Start of Block
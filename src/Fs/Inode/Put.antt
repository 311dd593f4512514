-- ===== src/Fs/Inode/Put.antt =====
-- What `iput` of kernel/fs.c does.
use osn.Base.{
  ℕ, zero, suc, ◌+◌, ◌-◌, ◌<◌, ◌≡◌, refl, ap₂, sym, ◌∙◌, ◌==◌, ◌&&◌, ltb, if◌then◌else◌, update,
  update_self, update_ne, arith, ℕ_discrete, subst,
}
use osn.Fs.Itable.{Inode, Files, ninode, cached}
use osn.Fs.Itable.Unique.{refs, count_refs, count_refs-update, Unique}
use osn.Fs.Inode.{with_inode, drop_ref}

-- One reference less to the inode, and to no other.
pub record Dropped (dev inum : ℕ) (s r : Files) : Type 0 where
  pub unique : Unique r
  pub counts :
      (dev' inum' : ℕ)
      → refs r dev' inum' + (if dev == dev' && inum == inum' then 1 else 0) ≡ refs s dev' inum'

pub drop_ref-Dropped :
    (i : ℕ) (s : Files)
    → Unique s
    → i < ninode
    → 0 < (s.inodes i).ref
    → Dropped (s.inodes i).dev (s.inodes i).inum s (drop_ref i s)
unfolding drop_ref Unique update
drop_ref-Dropped i s uniq lt pos = record {
  unique = λ a b d n la lb ha hb. ground (arith, uniq a b d n la lb);
  counts = λ d n.
      let c =
        count_refs-update d n i ninode s.inodes (record (s.inodes i) { ref = (s.inodes i).ref - 1 })
          lt in
      ground (arith, c);
}

-- The slots have the same inodes with the same numbers of references.
abbrev pub SameKeys : Files → Files → Type 0
SameKeys s r =
    (j : ℕ)
    → ((r.inodes j).dev ≡ (s.inodes j).dev)
      × ((r.inodes j).inum ≡ (s.inodes j).inum)
      × ((r.inodes j).ref ≡ (s.inodes j).ref)

cached-SameKeys :
    (s r : Files)
    → SameKeys s r
    → (dev inum j : ℕ) → cached dev inum (r.inodes j) ≡ cached dev inum (s.inodes j)
cached-SameKeys s r k dev inum j =
    let (a, b, c) = k j in ap₂ (λ x y. ltb 0 x && y) c (ap₂ (λ x y. x == dev && y == inum) a b)

pub Unique-SameKeys : (s r : Files) → SameKeys s r → Unique s → Unique r
unfolding Unique
Unique-SameKeys s r k uniq a b d n la lb ha hb =
    uniq a b d n la lb (sym (cached-SameKeys s r k d n a) ∙ ha)
      (sym (cached-SameKeys s r k d n b) ∙ hb)

count_refs-SameKeys :
    (s r : Files)
    → SameKeys s r
    → (dev inum n : ℕ) → count_refs dev inum r.inodes n ≡ count_refs dev inum s.inodes n
unfolding count_refs
count_refs-SameKeys s r k dev inum zero = refl
count_refs-SameKeys s r k dev inum (suc n) =
    ap₂ (λ x y. x + y) (count_refs-SameKeys s r k dev inum n)
      (ap₂ (λ x y. if x then y else 0) (cached-SameKeys s r k dev inum n) (k n).2)

pub SameKeys-with :
    (i : ℕ) (ip : Inode) (s : Files)
    → ip.dev ≡ (s.inodes i).dev
    → ip.inum ≡ (s.inodes i).inum
    → ip.ref ≡ (s.inodes i).ref
    → SameKeys s (with_inode i ip s)
SameKeys-with i ip s a b c j = elim (ℕ_discrete i j) [
  | yes e ↦
      subst
        (λ j.
          ((update s.inodes i ip j).dev ≡ (s.inodes j).dev)
          × ((update s.inodes i ip j).inum ≡ (s.inodes j).inum)
          × ((update s.inodes i ip j).ref ≡ (s.inodes j).ref))
        e (rw (update_self s.inodes i ip) (a, b, c))
  | no ne ↦ rw (update_ne s.inodes i j ip ne) (refl, refl, refl)
]

pub SameKeys-trans : (s t r : Files) → SameKeys s t → SameKeys t r → SameKeys s r
SameKeys-trans s t r f g j =
    let (a, b, c) = f j in let (a', b', c') = g j in (a' ∙ a, b' ∙ b, c' ∙ c)

pub Dropped-SameKeys :
    (dev inum : ℕ) (s t r : Files) → SameKeys s t → Dropped dev inum t r → Dropped dev inum s r
Dropped-SameKeys dev inum s t r k d = record {
  unique = d.unique;
  counts = λ d' n. d.counts d' n ∙ count_refs-SameKeys s t k d' n ninode;
}
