-- ===== src/Fs/Inode/Free.antt =====
-- What `iput` of kernel/fs.c does with the last reference to an inode that no directory has.
use osn.Base.{
  ℕ, suc, ◌^◌, ◌≤◌, ◌<◌, ◌≡◌, ◌≢◌, inl, inr, refl, ap, sym, ◌∙◌, true, false, if◌then◌else◌, update,
  update_self, arith, Bool-cases, subst,
}
use osn.File.{done}
use osn.Log.{among}
use osn.Fs.{Disk, Superblock, bblock, bpb}
use osn.Fs.Room.{Room, RoomFor}
use osn.Fs.Dinode.{Dinode, ndirect, iblock, dinode_at, decode}
use osn.Fs.Dinode.Codec.{Fits, SameDinode}
use osn.Fs.Bitmap.Used.{used}
use osn.Fs.Itable.{Inode, Files, iupdate}
use osn.Fs.Itable.Update.{dinode, Stored, iupdate-Stored}
use osn.Fs.Content.Truncate.{Lost}
use osn.Fs.Content.Truncate.Whole.{Owned, owns, Truncated, truncate-Truncated}
use osn.Fs.Inode.{with_inode, itrunc, free_inode}
use osn.Fs.Inode.Put.{SameKeys, SameKeys-with, SameKeys-trans}

RoomFor-Room : (n b : ℕ) (s : Disk) → RoomFor n b s → Room (suc n) s
RoomFor-Room n b s h = elim (Bool-cases (among b s.lh)) [
  | inl old ↦ subst (λ t. Room (if t then suc n else suc (suc n)) s) old h
  | inr new ↦
      let h' : Room (suc (suc n)) s =
        subst (λ t. Room (if t then suc n else suc (suc n)) s) new h in
      record {
        header = omega (arith, h'.header);
        place = omega (arith, h'.place);
        inside = h'.inside;
      }
]

iupdate-at :
    (sb : Superblock) (n i : ℕ) (s : Files) (ip : Inode)
    → s.inodes i ≡ ip
    → Room (suc n) s.disk
    → Fits ip.copy
    → (r : Disk) × (iupdate sb i s ≡ done (record s { disk = r }))
      × Stored sb n ip.inum ip.copy s.disk r
iupdate-at sb n i s ip e room fits =
    let (r, run, st) = iupdate-Stored sb n i s room (subst (λ x. Fits x.copy) (sym e) fits) in
    (r, run, subst (λ x. Stored sb n x.inum x.copy s.disk r) e st)

-- The blocks of inodes are none of the map.
abbrev pub InodesApart : Superblock → Type 0
InodesApart sb = (k : ℕ) → k < sb.ninodes → iblock sb k ≢ bblock sb 0

-- The blocks of the inode are free, its dinode is, and the other dinodes and bits are as they were.
pub record FreedInode (sb : Superblock) (n : ℕ) (ip : Inode) (d r : Disk) : Type 0 where
  pub blocks :
      (x : ℕ)
      → x < sb.size
      → used sb r.cache x ≡ (if owns ip.copy d.cache x then false else used sb d.cache x)
  pub freed : (dinode sb r ip.inum).type ≡ 0
  pub others : (k : ℕ) → k < sb.ninodes → k ≢ ip.inum → SameDinode (dinode sb r k) (dinode sb d k)
  pub room : Room n r

SameDinode-trans : {a b c : Dinode} → SameDinode a b → SameDinode b c → SameDinode a c
SameDinode-trans f g = record {
  type = f.type ∙ g.type;
  major = f.major ∙ g.major;
  minor = f.minor ∙ g.minor;
  nlink = f.nlink ∙ g.nlink;
  size = f.size ∙ g.size;
  addrs = λ i lt. f.addrs i lt ∙ g.addrs i lt;
}

same_block :
    (sb : Superblock) (c c' : ℕ → ℕ → ℕ) (k : ℕ)
    → c (iblock sb k) ≡ c' (iblock sb k)
    → SameDinode (decode (c (iblock sb k)) (dinode_at k)) (decode (c' (iblock sb k)) (dinode_at k))
same_block sb c c' k e = record {
  type = ap (λ b. (decode b (dinode_at k)).type) e;
  major = ap (λ b. (decode b (dinode_at k)).major) e;
  minor = ap (λ b. (decode b (dinode_at k)).minor) e;
  nlink = ap (λ b. (decode b (dinode_at k)).nlink) e;
  size = ap (λ b. (decode b (dinode_at k)).size) e;
  addrs = λ i lt. ap (λ b. (decode b (dinode_at k)).addrs i) e;
}

-- The fields of an inode with no blocks fit.
Fits-empty :
    (d e : Dinode) (t : ℕ)
    → Fits d
    → t < 2 ^ 16
    → e ≡ record d { type = t; size = 0; addrs = e.addrs }
    → ((j : ℕ) → j ≤ ndirect → e.addrs j ≡ 0)
    → Fits e
Fits-empty d e t f lt same none_left = record {
  type_fits = subst (λ x. x < 2 ^ 16) (sym (ap (λ x. x.type) same)) lt;
  major_fits = subst (λ x. x < 2 ^ 16) (sym (ap (λ x. x.major) same)) f.major_fits;
  minor_fits = subst (λ x. x < 2 ^ 16) (sym (ap (λ x. x.minor) same)) f.minor_fits;
  nlink_fits = subst (λ x. x < 2 ^ 16) (sym (ap (λ x. x.nlink) same)) f.nlink_fits;
  size_fits = subst (λ x. x < 2 ^ 32) (sym (ap (λ x. x.size) same)) (omega arith);
  addrs_fit = λ j lt'. subst (λ x. x < 2 ^ 32) (sym (none_left j (omega arith))) (omega arith);
}

cleared_copy : Dinode → Dinode
cleared_copy d = record d { type = 0 }

-- Two stores of the same inode keep what one does not touch.
used-Stored :
    (sb : Superblock) (n inum x : ℕ) (c : Dinode) (d r : Disk)
    → sb.size ≤ bpb
    → iblock sb inum ≢ bblock sb 0
    → x < sb.size
    → Stored sb n inum c d r
    → used sb r.cache x ≡ used sb d.cache x
unfolding used
used-Stored sb n inum x c d r one apart lt st =
    let same : bblock sb 0 ≡ bblock sb x = omega arith in
    rw (st.blocks (bblock sb x) (λ e. apart (e ∙ sym same))) refl

disk-FreedInode :
    (sb : Superblock) (n : ℕ) (ip : Inode) (c1 c2 : Dinode) (d d1 d2 d3 : Disk)
    → sb.size ≤ bpb
    → InodesApart sb
    → ip.inum < sb.ninodes
    → Lost sb (suc n) (owns ip.copy d.cache) d d1
    → Stored sb (suc n) ip.inum c1 d1 d2
    → Stored sb n ip.inum c2 d2 d3
    → c2.type ≡ 0
    → FreedInode sb n ip d d3
disk-FreedInode sb n ip c1 c2 d d1 d2 d3 one apart lt l st1 st2 z = record {
  blocks = λ x lt'.
      used-Stored sb n ip.inum x c2 d2 d3 one (apart ip.inum lt) lt' st2
      ∙ (used-Stored sb (suc n) ip.inum x c1 d1 d2 one (apart ip.inum lt) lt' st1 ∙ l.free x);
  freed = st2.stored.type ∙ z;
  others = λ k lt' ne. SameDinode-trans (st2.others k ne) (
      SameDinode-trans (st1.others k ne)
        (same_block sb d1.cache d.cache k (l.others (iblock sb k) (apart k lt'))));
  room = st2.room;
}

module _ (sb : Superblock) (one : sb.size ≤ bpb) (apart : InodesApart sb) (n i : ℕ) (s : Files)
    (inside : (s.inodes i).inum < sb.ninodes) (owned : Owned sb (s.inodes i).copy s.disk)
    (fits : Fits (s.inodes i).copy) (room : RoomFor (suc n) (bblock sb 0) s.disk) where
  -- `itrunc` of the inode, with its lock held or not.
  itrunc-at :
      (t : Files) (ip : Inode)
      → t.inodes i ≡ ip
      → t.disk ≡ s.disk
      → ip.copy ≡ (s.inodes i).copy
      → (c : Dinode) × (d1 d2 : Disk) × (itrunc sb i t
          ≡ done (record t { disk = d2; inodes = update t.inodes i (record ip { copy = c }) }))
        × Truncated sb (suc n) (s.inodes i).copy s.disk c d1
        × Stored sb (suc n) ip.inum c d1 d2
  unfolding itrunc
  itrunc-at t ip e de ce =
      let (c, d1, run, tr) =
        truncate-Truncated {extra = suc n} sb one (s.inodes i).copy s.disk owned room in
      let t1 : Files = record t {
        disk = d1;
        inodes = update t.inodes i (record ip { copy = c });
      } in
      let fit =
        Fits-empty (s.inodes i).copy c (s.inodes i).copy.type fits fits.type_fits tr.same
          tr.no_addrs in
      let (d2, run2, st) =
        iupdate-at sb (suc n) i t1 (record ip { copy = c })
          (update_self t.inodes i (record ip { copy = c }))
          (RoomFor-Room (suc n) (bblock sb 0) d1 tr.lost.room) fit in
      (c, d1, d2, rw (e, ce, de) (rw run run2), tr, st)

  pub free_inode-FreedInode :
      (r : Files) × (free_inode sb i s ≡ done r)
      × FreedInode sb n (s.inodes i) s.disk r.disk
      × SameKeys s r
  unfolding free_inode cleared_copy
  free_inode-FreedInode =
      let ip = s.inodes i in
      let ipl = record ip { locked = true } in
      let s0 = with_inode i ipl s in
      let (c, d1, d2, run1, tr, st1) = itrunc-at s0 ipl (update_self s.inodes i ipl) refl refl in
      let s1 : Files = record s0 {
        disk = d2;
        inodes = update s0.inodes i (record ipl { copy = c });
      } in
      let e1 : s1.inodes i ≡ record ipl { copy = c } =
        update_self s0.inodes i (record ipl { copy = c }) in
      let ip2 : Inode = record (s1.inodes i) { copy = record (s1.inodes i).copy { type = 0 } } in
      let s2 = with_inode i ip2 s1 in
      let type_fits : 0 < 2 ^ 16 = omega arith in
      let same2 : ip2.copy ≡ record ip.copy { type = 0; size = 0; addrs = ip2.copy.addrs } =
        subst
          (λ (x : Inode).
            cleared_copy x.copy ≡ record ip.copy { type = 0; size = 0; addrs = x.copy.addrs })
          (sym e1) (ap {A = Dinode} cleared_copy tr.same) in
      let fit2 =
        Fits-empty ip.copy ip2.copy 0 fits type_fits same2
          (λ j le. ap (λ x. x.copy.addrs j) e1 ∙ tr.no_addrs j le) in
      let (d3, run2, st2) = iupdate-at sb n i s2 ip2 (update_self s1.inodes i ip2) st1.room fit2 in
      let s3 : Files = record s2 { disk = d3 } in
      let ip4 : Inode = record (s3.inodes i) { valid = false; locked = false } in
      let st2' : Stored sb n ip.inum ip2.copy d2 d3 =
        subst (λ x. Stored sb n x ip2.copy d2 d3) (ap (λ x. x.inum) e1) st2 in
      let k0 = SameKeys-with i ipl s refl refl refl in
      let k1 : SameKeys s0 s1 =
        let e0 = update_self s.inodes i ipl in
        SameKeys-with i (record ipl { copy = c }) s0 (ap (λ x. x.dev) (sym e0))
          (ap (λ x. x.inum) (sym e0)) (ap (λ x. x.ref) (sym e0)) in
      let k2 = SameKeys-with i ip2 s1 refl refl refl in
      let k4 = SameKeys-with i ip4 s3 refl refl refl in
      (
        with_inode i ip4 s3,
        rw run1 (rw run2 refl),
        disk-FreedInode sb n ip c ip2.copy s.disk d1 d2 d3 one apart inside tr.lost st1 st2' refl,
        SameKeys-trans s s0 (with_inode i ip4 s3) k0 (
            SameKeys-trans s0 s1 (with_inode i ip4 s3) k1
              (SameKeys-trans s1 s3 (with_inode i ip4 s3) k2 k4)),
      )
End of Block
Problem requirements: Above is a listing; print exactly its lines from the one with "k) ≡ c' (iblock sb k)" through the one with "size_fits = subst", and no other lines.

Output for this exercise:
    → c (iblock sb k) ≡ c' (iblock sb k)
    → SameDinode (decode (c (iblock sb k)) (dinode_at k)) (decode (c' (iblock sb k)) (dinode_at k))
same_block sb c c' k e = record {
  type = ap (λ b. (decode b (dinode_at k)).type) e;
  major = ap (λ b. (decode b (dinode_at k)).major) e;
  minor = ap (λ b. (decode b (dinode_at k)).minor) e;
  nlink = ap (λ b. (decode b (dinode_at k)).nlink) e;
  size = ap (λ b. (decode b (dinode_at k)).size) e;
  addrs = λ i lt. ap (λ b. (decode b (dinode_at k)).addrs i) e;
}

-- The fields of an inode with no blocks fit.
Fits-empty :
    (d e : Dinode) (t : ℕ)
    → Fits d
    → t < 2 ^ 16
    → e ≡ record d { type = t; size = 0; addrs = e.addrs }
    → ((j : ℕ) → j ≤ ndirect → e.addrs j ≡ 0)
    → Fits e
Fits-empty d e t f lt same none_left = record {
  type_fits = subst (λ x. x < 2 ^ 16) (sym (ap (λ x. x.type) same)) lt;
  major_fits = subst (λ x. x < 2 ^ 16) (sym (ap (λ x. x.major) same)) f.major_fits;
  minor_fits = subst (λ x. x < 2 ^ 16) (sym (ap (λ x. x.minor) same)) f.minor_fits;
  nlink_fits = subst (λ x. x < 2 ^ 16) (sym (ap (λ x. x.nlink) same)) f.nlink_fits;
  size_fits = subst (λ x. x < 2 ^ 32) (sym (ap (λ x. x.size) same)) (omega arith);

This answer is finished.